*Aim of the task:*
From the first entry to the last, transcribe everything exactly.

*Supplied entries:*
:::::

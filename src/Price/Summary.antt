-- ===== src/Price/Summary.antt =====
-- `build_price_window`: when there is a window, and what its summary says of its prices.
use spot_price.Prelude.{
  false, some, List, [], ◌∷◌, ◌≡◌, refl, arith, All, All-map, last?, last?-some,
}
use spot_price.Float.{Double, ◌≼◌, IsOrdered, IsMonotone, IsFloored}
use spot_price.Jiff.{Instant}
use spot_price.Js.{round3}
use spot_price.Js.Rounding.{round3_mono}
use spot_price.Price.{
  TotalPrice, PriceWindow, Sums, total_of, no_sums, add_entry, sum_entries, average_of,
  build_price_window,
}

module _ {T F : Type 0} ⦃i : Instant T⦄ ⦃d : Double F⦄ where
  open d use {lt, le, is_nan}

  pub build_price_window-some :
      (e : TotalPrice T F) (es : List (TotalPrice T F))
      → (w : PriceWindow T F) × (last : TotalPrice T F) × (build_price_window (e ∷ es) ≡ some w)
        × (w.prices ≡ e ∷ es)
        × (w.start ≡ e.period.start)
        × (last? (e ∷ es) ≡ some last)
        × (w.end ≡ last.period.end)
  unfolding build_price_window
  build_price_window-some e es =
      let (last, found) = last?-some e es in rw found (_, last, refl, refl, refl, refl, refl)

  build_price_window_fields :
      (prices : List (TotalPrice T F)) (w : PriceWindow T F)
      → build_price_window prices ≡ some w
      → let r = sum_entries no_sums prices in
        (w.prices ≡ prices)
        × (w.min_total_cents_kwh ≡ round3 r.min)
        × (w.max_total_cents_kwh ≡ round3 r.max)
        × (w.average_total_cents_kwh ≡ round3 (average_of r))
  unfolding build_price_window
  build_price_window_fields [] w h = absurd (ground arith)
  build_price_window_fields (e ∷ es) w h =
      let (last, found) = last?-some e es in let built = build_price_window (e ∷ es) in ground arith

  pub build_price_window-prices :
      (prices : List (TotalPrice T F)) (w : PriceWindow T F)
      → build_price_window prices ≡ some w
      → w.prices ≡ prices
  build_price_window-prices prices w h = (build_price_window_fields prices w h).0

  -- Each total, rounded to three decimals, lies between the bounds.
  abbrev pub IsWithin : F → F → List (TotalPrice T F) → Type 0
  IsWithin least greatest =
      All λ e. (least ≼ round3 (total_of e)) × (round3 (total_of e) ≼ greatest)

  module _ (o : IsOrdered F) (m : IsMonotone F) (f : IsFloored F) where
    open o use {le_refl, le_trans, le_num, le_total, lt-eq}

    -- the extremes of the loop, from any first values
    sum_entries_extremes :
        (s : Sums F) (prices : List (TotalPrice T F))
        → is_nan s.min ≡ false
        → is_nan s.max ≡ false
        → All (λ e. is_nan (total_of e) ≡ false) prices
        → let r = sum_entries s prices in
          (r.min ≼ s.min)
          × (s.max ≼ r.max)
          × All (λ e. (r.min ≼ total_of e) × (total_of e ≼ r.max)) prices
    unfolding sum_entries add_entry
    sum_entries_extremes s [] p q a = (le_refl s.min p, le_refl s.max q, tt)
    sum_entries_extremes s (e ∷ es) p q (num, nums) =
        let x = total_of e in
        let s' = add_entry s e in
        let low : (s'.min ≼ s.min) × (s'.min ≼ x) =
          ground
            (arith, lt-eq x s.min num p, le_refl x num, le_refl s.min p, le_total x s.min num p) in
        let high : (s.max ≼ s'.max) × (x ≼ s'.max) =
          ground
            (arith, lt-eq s.max x q num, le_refl x num, le_refl s.max q, le_total x s.max num q) in
        let (down, up, rest) =
          sum_entries_extremes s' es (le_num _ _ low.0).0 (le_num _ _ high.0).1 nums in
        (
          le_trans _ _ _ down low.0,
          le_trans _ _ _ high.0 up,
          ((le_trans _ _ _ down low.1, le_trans _ _ _ high.1 up), rest),
        )

    -- The summary of a window bounds its prices: each total, rounded to three decimals, lies between
    -- the minimum and the maximum of the window, where no total is NaN.
    pub build_price_window_bounds :
        (prices : List (TotalPrice T F)) (w : PriceWindow T F)
        → is_nan d.neg_infinity ≡ false
        → All (λ e. is_nan (total_of e) ≡ false) prices
        → build_price_window prices ≡ some w
        → IsWithin w.min_total_cents_kwh w.max_total_cents_kwh w.prices
    build_price_window_bounds prices w num nums h =
        let (down, up, all) = sum_entries_extremes no_sums prices o.infinity_num num nums in
        let least = round3 (sum_entries no_sums prices).min in
        let greatest = round3 (sum_entries no_sums prices).max in
        let rounded : IsWithin least greatest prices =
          All-map prices (λ e p. (round3_mono o m f _ _ p.0, round3_mono o m f _ _ p.1)) all in
        let (same, lowest, highest, mean) = build_price_window_fields prices w h in
        rw (same, lowest, highest) rounded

:::::

*Result of the exercise:*
filename src/Price/Summary.antt
-- ===== src/Price/Summary.antt =====
-- `build_price_window`: when there is a window, and what its summary says of its prices.
use spot_price.Prelude.{
  false, some, List, [], ◌∷◌, ◌≡◌, refl, arith, All, All-map, last?, last?-some,
}
use spot_price.Float.{Double, ◌≼◌, IsOrdered, IsMonotone, IsFloored}
use spot_price.Jiff.{Instant}
use spot_price.Js.{round3}
use spot_price.Js.Rounding.{round3_mono}
use spot_price.Price.{
  TotalPrice, PriceWindow, Sums, total_of, no_sums, add_entry, sum_entries, average_of,
  build_price_window,
}

module _ {T F : Type 0} ⦃i : Instant T⦄ ⦃d : Double F⦄ where
  open d use {lt, le, is_nan}

  pub build_price_window-some :
      (e : TotalPrice T F) (es : List (TotalPrice T F))
      → (w : PriceWindow T F) × (last : TotalPrice T F) × (build_price_window (e ∷ es) ≡ some w)
        × (w.prices ≡ e ∷ es)
        × (w.start ≡ e.period.start)
        × (last? (e ∷ es) ≡ some last)
        × (w.end ≡ last.period.end)
  unfolding build_price_window
  build_price_window-some e es =
      let (last, found) = last?-some e es in rw found (_, last, refl, refl, refl, refl, refl)

  build_price_window_fields :
      (prices : List (TotalPrice T F)) (w : PriceWindow T F)
      → build_price_window prices ≡ some w
      → let r = sum_entries no_sums prices in
        (w.prices ≡ prices)
        × (w.min_total_cents_kwh ≡ round3 r.min)
        × (w.max_total_cents_kwh ≡ round3 r.max)
        × (w.average_total_cents_kwh ≡ round3 (average_of r))
  unfolding build_price_window
  build_price_window_fields [] w h = absurd (ground arith)
  build_price_window_fields (e ∷ es) w h =
      let (last, found) = last?-some e es in let built = build_price_window (e ∷ es) in ground arith

  pub build_price_window-prices :
      (prices : List (TotalPrice T F)) (w : PriceWindow T F)
      → build_price_window prices ≡ some w
      → w.prices ≡ prices
  build_price_window-prices prices w h = (build_price_window_fields prices w h).0

  -- Each total, rounded to three decimals, lies between the bounds.
  abbrev pub IsWithin : F → F → List (TotalPrice T F) → Type 0
  IsWithin least greatest =
      All λ e. (least ≼ round3 (total_of e)) × (round3 (total_of e) ≼ greatest)

  module _ (o : IsOrdered F) (m : IsMonotone F) (f : IsFloored F) where
    open o use {le_refl, le_trans, le_num, le_total, lt-eq}

    -- the extremes of the loop, from any first values
    sum_entries_extremes :
        (s : Sums F) (prices : List (TotalPrice T F))
        → is_nan s.min ≡ false
        → is_nan s.max ≡ false
        → All (λ e. is_nan (total_of e) ≡ false) prices
        → let r = sum_entries s prices in
          (r.min ≼ s.min)
          × (s.max ≼ r.max)
          × All (λ e. (r.min ≼ total_of e) × (total_of e ≼ r.max)) prices
    unfolding sum_entries add_entry
    sum_entries_extremes s [] p q a = (le_refl s.min p, le_refl s.max q, tt)
    sum_entries_extremes s (e ∷ es) p q (num, nums) =
        let x = total_of e in
        let s' = add_entry s e in
        let low : (s'.min ≼ s.min) × (s'.min ≼ x) =
          ground
            (arith, lt-eq x s.min num p, le_refl x num, le_refl s.min p, le_total x s.min num p) in
        let high : (s.max ≼ s'.max) × (x ≼ s'.max) =
          ground
            (arith, lt-eq s.max x q num, le_refl x num, le_refl s.max q, le_total x s.max num q) in
        let (down, up, rest) =
          sum_entries_extremes s' es (le_num _ _ low.0).0 (le_num _ _ high.0).1 nums in
        (
          le_trans _ _ _ down low.0,
          le_trans _ _ _ high.0 up,
          ((le_trans _ _ _ down low.1, le_trans _ _ _ high.1 up), rest),
        )

    -- The summary of a window bounds its prices: each total, rounded to three decimals, lies between
    -- the minimum and the maximum of the window, where no total is NaN.
    pub build_price_window_bounds :
        (prices : List (TotalPrice T F)) (w : PriceWindow T F)
        → is_nan d.neg_infinity ≡ false
        → All (λ e. is_nan (total_of e) ≡ false) prices
        → build_price_window prices ≡ some w
        → IsWithin w.min_total_cents_kwh w.max_total_cents_kwh w.prices
    build_price_window_bounds prices w num nums h =
        let (down, up, all) = sum_entries_extremes no_sums prices o.infinity_num num nums in
        let least = round3 (sum_entries no_sums prices).min in
        let greatest = round3 (sum_entries no_sums prices).max in
        let rounded : IsWithin least greatest prices =
          All-map prices (λ e p. (round3_mono o m f _ _ p.0, round3_mono o m f _ _ p.1)) all in
        let (same, lowest, highest, mean) = build_price_window_fields prices w h in
        rw (same, lowest, highest) rounded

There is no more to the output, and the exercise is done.